Yeah just did. I can recall around 4 custom EVO's I made from projects, but created around 20 of them for a project and very frustrating that they are gone and indeed reported this to them, because I guess that is not something they also intend.


----------



## jamwerks (Feb 18, 2020)

Love the concept but a little too niche for my taste. If there were an EWC 2 doing more standard things, having both of them would make a lot of sense!


----------



## Jaap (Feb 18, 2020)

I also reported that the mics are not working correctly in the Choir Evo Grid in Cubase. When I want to adjust the mic level, it stops almost straight away and I can also not enable any other mics atm. Cubase stops to respond. This is both as VST and within Komplete Kontrol. Don't know if others have the same?

The regular choir is doing fine, there I can adjust the mic levels and enable/disable them.
Didn't had this problem before the update.


----------



## Technostica (Feb 18, 2020)

Jaap said:


> I also reported that the mics are not working correctly in the Choir Evo Grid in Cubase.
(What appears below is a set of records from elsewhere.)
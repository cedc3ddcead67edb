-- ===== src/Tests/Scripts.antt =====
-- Policies with several cores, Linux specifications and the log of a subject, and the theorems at them.
use muen.Base.{
  ℕ, zero, suc, ◌+◌, ◌-◌, ◌%◌, ◌≤◌, ◌<◌, ◌≡◌, ◌↔◌, refl, sym, ap, arith, Bool, true, false, List,
  [], ◌∷◌, ◌++◌, map, Str, codes,
}
use muen.Base.{
  Option, some, none, Result, ok, err, ◌>>=◌, ℤ, pos, select, length, get_elem?, All, if◌then◌else◌,
  eqb,
}
use muen.Base.Text.{is_in, join, has_infix, rstrip, lstrip}
use muen.Base.Dict.{lookup}
use muen.Muutils.{int, ada_hex_to_int, int_to_ada_hex}
use muen.Xml.{Etree}
use muen.Xml.Tree.{Tree, elem, tree, tree-IsLawful}
use muen.Base.{type_error}
use muen.LinuxGencspec.{
  check_mappings, get_initramfs_attrs, attrs_of, mapped_attrs, Attrs, default_attrs,
}
use muen.LinuxGencspec.Mappings.{check_mappings-last}
use muen.LinuxGencspec.Adjacent.{IsAdjacent, get_initramfs_attrs-IsAdjacent}
use muen.Base.{◌⊎◌, ◌==◌, list_eq, nat_eq}
use muen.Muutils.{str}
use muen.MulogSubject.{is_match, mulog_subject}
use muen.MulogSubject.Records.{records, mulog_subject-records}
use muen.Compose.{
  add_physical_channels, add_subject_channel_mappings, add_linux_channels, interfaces,
}
use muen.Compose.Names.{under, physical_of, add_linux_channels-add_physical_channels}
use muen.Compose.Interfaces.{interfaces_lem}
use muen.Smpify.{
  range, create_phys_channels, create_dbg_resources, partition, create_scheduling_partitions,
}
use muen.Smpify.Numbers.{phys_channel_injective}
use muen.Smpify.Devices.{spread_devices, sections, every, spread_devices-every}
use muen.Smpify.References.{
  create_dbg_resources-create_phys_channels, create_scheduling_partitions_lem,
}
use muen.Smpify.Schedule.{adjust_core_one, new_core, total, adjust_core_one-new_core}
use muen.Tests.Unikernels.{provides, config, tree_or}

abbrev device : Str → Tree
device n = elem (codes "device") ((codes "logical", n) ∷ []) []

abbrev devices : List Tree
devices = device (codes "a") ∷ device (codes "b") ∷ device (codes "c") ∷ []

abbrev subjects : List Tree
subjects = elem (codes "devices") [] [] ∷ elem (codes "devices") [] [] ∷ []

spread_devices-every_example :
    (ss' : List Tree) × (s' : Tree) × (spread_devices tree devices (sections tree subjects)
      ≡ ok (sections tree ss'))
    × (length ss' ≡ length subjects)
    × (get_elem? ss' 0 ≡ some s')
    × (tree.children s' ≡ [] ++ every tree (length subjects) 0 0 devices)
spread_devices-every_example =
    spread_devices-every tree tree-IsLawful devices subjects 0 (elem (codes "devices") [] []) refl

abbrev empty_section : Tree
empty_section = elem (codes "channels") [] []

create_dbg_resources-create_phys_channels_example :
    (new : List Tree) × (maps : List Tree) × (tree.children
        (create_phys_channels tree 3 empty_section)
      ≡ tree.children empty_section ++ new)
    × (tree.children (create_dbg_resources tree 3 provides) ≡ tree.children provides ++ maps)
    × (map (λ e. tree.get e (codes "name")) new ≡ map (λ e. tree.get e (codes "physical")) maps)
    × (length new ≡ 3)
create_dbg_resources-create_phys_channels_example =
    create_dbg_resources-create_phys_channels tree tree-IsLawful 3 empty_section provides

create_scheduling_partitions_example :
    tree.children
      (create_scheduling_partitions tree 3 (elem (codes "partitions") [] (config ∷ provides ∷ [])))
    ≡ config ∷ (map (partition tree) (range 1 3) ++ provides ∷ [])
create_scheduling_partitions_example =
    create_scheduling_partitions_lem tree tree-IsLawful 3
      (elem (codes "partitions") [] (config ∷ provides ∷ [])) config (provides ∷ []) refl

abbrev minor_frame : Str → Str → Tree
minor_frame p t = elem (codes "minorFrame") ((codes "partition", p) ∷ (codes "ticks", t) ∷ []) []

abbrev core_one : Tree
core_one =
    elem (codes "cpu") [] (
      minor_frame (codes "time") (codes "10") ∷ minor_frame (codes "debugserver") (codes "90") ∷ [])

adjust_core_one-new_core_example :
    (c' : Tree) × (adjust_core_one tree core_one ≡ ok c')
    × (total tree (tree.children c') ≡ 100)
    × (total tree (tree.children (new_core tree 2)) ≡ 100)
unfolding lookup
adjust_core_one-new_core_example =
    adjust_core_one-new_core tree tree-IsLawful core_one
      (minor_frame (codes "debugserver") (codes "90")) (minor_frame (codes "time") (codes "10")) 2
      refl refl refl refl

abbrev comp_channels : List Tree
comp_channels =
    elem (codes "reader")
      ((codes "logical", codes "eth0|in") ∷ (codes "size", codes "16#0010_0000#") ∷ []) []
    ∷ elem (codes "writer")
        ((codes "logical", codes "eth0|out") ∷ (codes "size", codes "16#0010_0000#") ∷ []) []
    ∷ []

add_linux_channels-add_physical_channels_example :
    (phys : List Tree) × (maps : List Tree) × (own : List Tree) × (tree.children
        (tree_or provides (add_physical_channels tree (codes "unikernel") comp_channels provides))
      ≡ [] ++ phys)
    × (tree.children (
          tree_or provides
            (add_subject_channel_mappings tree (codes "unikernel") comp_channels provides))
        ≡ [] ++ maps)
    × (tree.children
          (tree_or provides (add_linux_channels tree (codes "unikernel") comp_channels provides))
        ≡ [] ++ own)
    × (under tree tree-IsLawful (codes "name") phys
        ≡ map
            (λ c. physical_of tree tree-IsLawful (codes "unikernel") (tree.get c (codes "logical")))
            comp_channels)
    × (under tree tree-IsLawful (codes "physical") maps
        ≡ under tree tree-IsLawful (codes "name") phys)
    × (under tree tree-IsLawful (codes "physical") own
        ≡ under tree tree-IsLawful (codes "name") phys)
unfolding add_physical_channels add_subject_channel_mappings add_linux_channels lookup
    muen.Compose.add_linux_channels_from ada_hex_to_int muen.Muutils.Hex.int_base_16
    muen.Base.Text.replace
add_linux_channels-add_physical_channels_example =
    add_linux_channels-add_physical_channels tree tree-IsLawful (codes "unikernel") comp_channels
      provides provides provides
      (tree_or provides (add_physical_channels tree (codes "unikernel") comp_channels provides))
      (tree_or provides
        (add_subject_channel_mappings tree (codes "unikernel") comp_channels provides))
      (tree_or provides (add_linux_channels tree (codes "unikernel") comp_channels provides)) refl
      refl refl

abbrev main_reader : Tree
main_reader = elem (codes "reader") ((codes "logical", codes "main|in") ∷ []) []

interfaces_example :
    (interfaces tree (main_reader ∷ []) [] ≡ ok (codes "mai" ++ b'n' ∷ []))
    ↔ (is_in (codes "|in") b'n' ≡ false)
unfolding lookup
interfaces_example = interfaces_lem tree main_reader (codes "mai") b'n' refl refl

abbrev mapping : Str → Str → Tree
mapping x w =
    elem (codes "memory")
      ((codes "physical", codes "initramfs")
        ∷ (codes "virtualAddress", codes "16#7000_0000#")
        ∷ (codes "executable", x)
        ∷ (codes "writable", w)
        ∷ [])
      []

check_mappings-last_example :
    (tree.get (mapping (codes "true") (codes "true")) (codes "executable") ≡ some (codes "true"))
    × (tree.get (mapping (codes "true") (codes "true")) (codes "writable") ≡ some (codes "true"))
    × (tree.get (mapping (codes "true") (codes "true")) (codes "virtualAddress")
        ≡ some (codes "16#7000_0000#"))
    × All
        (λ m. tree.get m (codes "virtualAddress") ≡ some (codes "16#7000_0000#"))
        (mapping (codes "false") (codes "false") ∷ [])
unfolding lookup check_mappings
check_mappings-last_example =
    check_mappings-last tree (codes "16#7000_0000#") (mapping (codes "false") (codes "false") ∷ [])
      (mapping (codes "true") (codes "true")) (codes "false") (codes "false") (codes "true")
      (codes "true") (λ e. cc) (λ e. cc) ((λ e. cc, λ e. cc), tt) (λ e. cc, λ e. cc) refl

-- A policy with one region for an initramfs, which two subjects map
abbrev initramfs : Tree
initramfs =
    elem (codes "memory")
      ((codes "name", codes "initramfs") ∷ (codes "size", codes "16#2000#") ∷ []) []

abbrev mapped_twice : Etree
mapped_twice = record tree {
  xpath = λ e path.
      if path == codes "/system/memory/memory[@type='subject_initrd']"
      then initramfs ∷ []
      else mapping (codes "true") (codes "false") ∷ mapping (codes "false") (codes "true") ∷ [];
}

abbrev behind_initramfs : Attrs
behind_initramfs = record {
  address = some (codes "16#7000_2000#");
  executable = str (codes "false");
  writable = str (codes "true");
}

initramfs_attrs : get_initramfs_attrs mapped_twice provides ≡ ok (some behind_initramfs)
unfolding get_initramfs_attrs attrs_of mapped_attrs check_mappings lookup ada_hex_to_int
    muen.Muutils.Hex.int_base_16 muen.Muutils.Hex.signed muen.Muutils.Hex.magnitude
    muen.Muutils.Hex.value_from muen.Muutils.Hex.digit_value muen.Base.Text.replace
    muen.Base.Text.strip muen.Base.Text.split lstrip rstrip int_to_ada_hex muen.Muutils.format_hex
    muen.Muutils.Hex.hex
initramfs_attrs = refl

get_initramfs_attrs-IsAdjacent_example :
    (default_attrs ≡ behind_initramfs) ⊎ IsAdjacent mapped_twice provides (codes "16#7000_2000#")
get_initramfs_attrs-IsAdjacent_example =
    get_initramfs_attrs-IsAdjacent mapped_twice provides behind_initramfs (codes "16#7000_2000#")
      initramfs_attrs refl

abbrev subject_log : List Str
subject_log =
    codes "16#000a#|first\n"
    ∷ codes "16#000b#|other\n"
    ∷ codes "16#000a#> and more\n"
    ∷ codes "16#000a#|second\n"
    ∷ []

mulog_subject-records_example :
    mulog_subject 10 subject_log
    ≡ ok (join (codes "\n") (records (select (is_match 10) subject_log)) ++ codes "\n")
mulog_subject-records_example = mulog_subject-records 10 subject_log (omega arith)

abbrev second : ℕ
second = 2

phys_channel_injective_example : second ≡ second
unfolding lookup
phys_channel_injective_example = phys_channel_injective tree tree-IsLawful second second refl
When I want to adjust the mic level, it stops almost straight away and I can also not enable any other mics atm. Cubase stops to respond. This is both as VST and within Komplete Kontrol. Don't know if others have the same?


As I mentioned above I have the same issue, in KK and subsequently in Reaper also.


----------



## Jaap (Feb 18, 2020)

Technostica said:


> As I mentioned above I have the same issue, in KK and subsequently in Reaper also.



Somehow missed your post. Hope they sort this soon.


----------



## idematoa (Feb 23, 2020)

After update - 100% Spitfire Audio

*01 - SA - EWC - Tutti - All In One - Dynamic Swell OOH*
*02 - SA - EWC Evo Grid - Bass - Dynamic Movements
03 - SA - Alev Lenz 3 - I Know You Will*
*04 - SA - Albion - NEO - Brunel Loops - Suspended in Space* 

==> Palette Of Voices


----------



## Jaap (Feb 26, 2020)

Technostica said:


> As I mentioned above I have the same issue, in KK and subsequently in Reaper also.



Received word back from the Spitfire Support that they are aware and hoping to address a fix for this soon.


----------



## Jaap (Mar 18, 2020)

There has been a new update for the Eric Whitacre Choir (and gosh I wish they added release notes BEFORE the download) and it fixed for me the issue with Komplete Kontrol and the choir and the Evo Grid issue with the microphones. The patch notes didn't update for me (yet, last time it took also a week or 2 before they became visible...) but it's all working good here now again!


----------



## jbuhler (Mar 18, 2020)

It's weird. I did the updates, and they took forever to download. (Also noticed the speed issue with recent Native Instrument downloads: speedtest is fine and other downloads are as quick as usual.) The SF updater app says that I have 1.2.1 installed for both the regular choir and the Evo Grid and it then showed 1.2.3 to be installed. But on the SSD a version 1.2.1 folder only showed up when I downloaded 1.2.3, and there is no version 1.2.3 folder, but only a version 1.0.3 and 1.2.1. For the Evo Grid it's even odder. Again on the SSD I have a version 1.0.3 but also a version 1.2.2. Again the updater shows a version 1.2.1 and 1.2.3.


----------



## gussunkri (May 7, 2020)

Just a heads up, in the new version (just released?) there is now an articulation manager similar to the one in BBCSO. We can now add or remove articulations.


----------



## synkrotron (May 7, 2020)

gussunkri said:


> Just a heads up, in the new version (just released?) there is now an articulation manager similar to the one in BBCSO. We can now add or remove articulations.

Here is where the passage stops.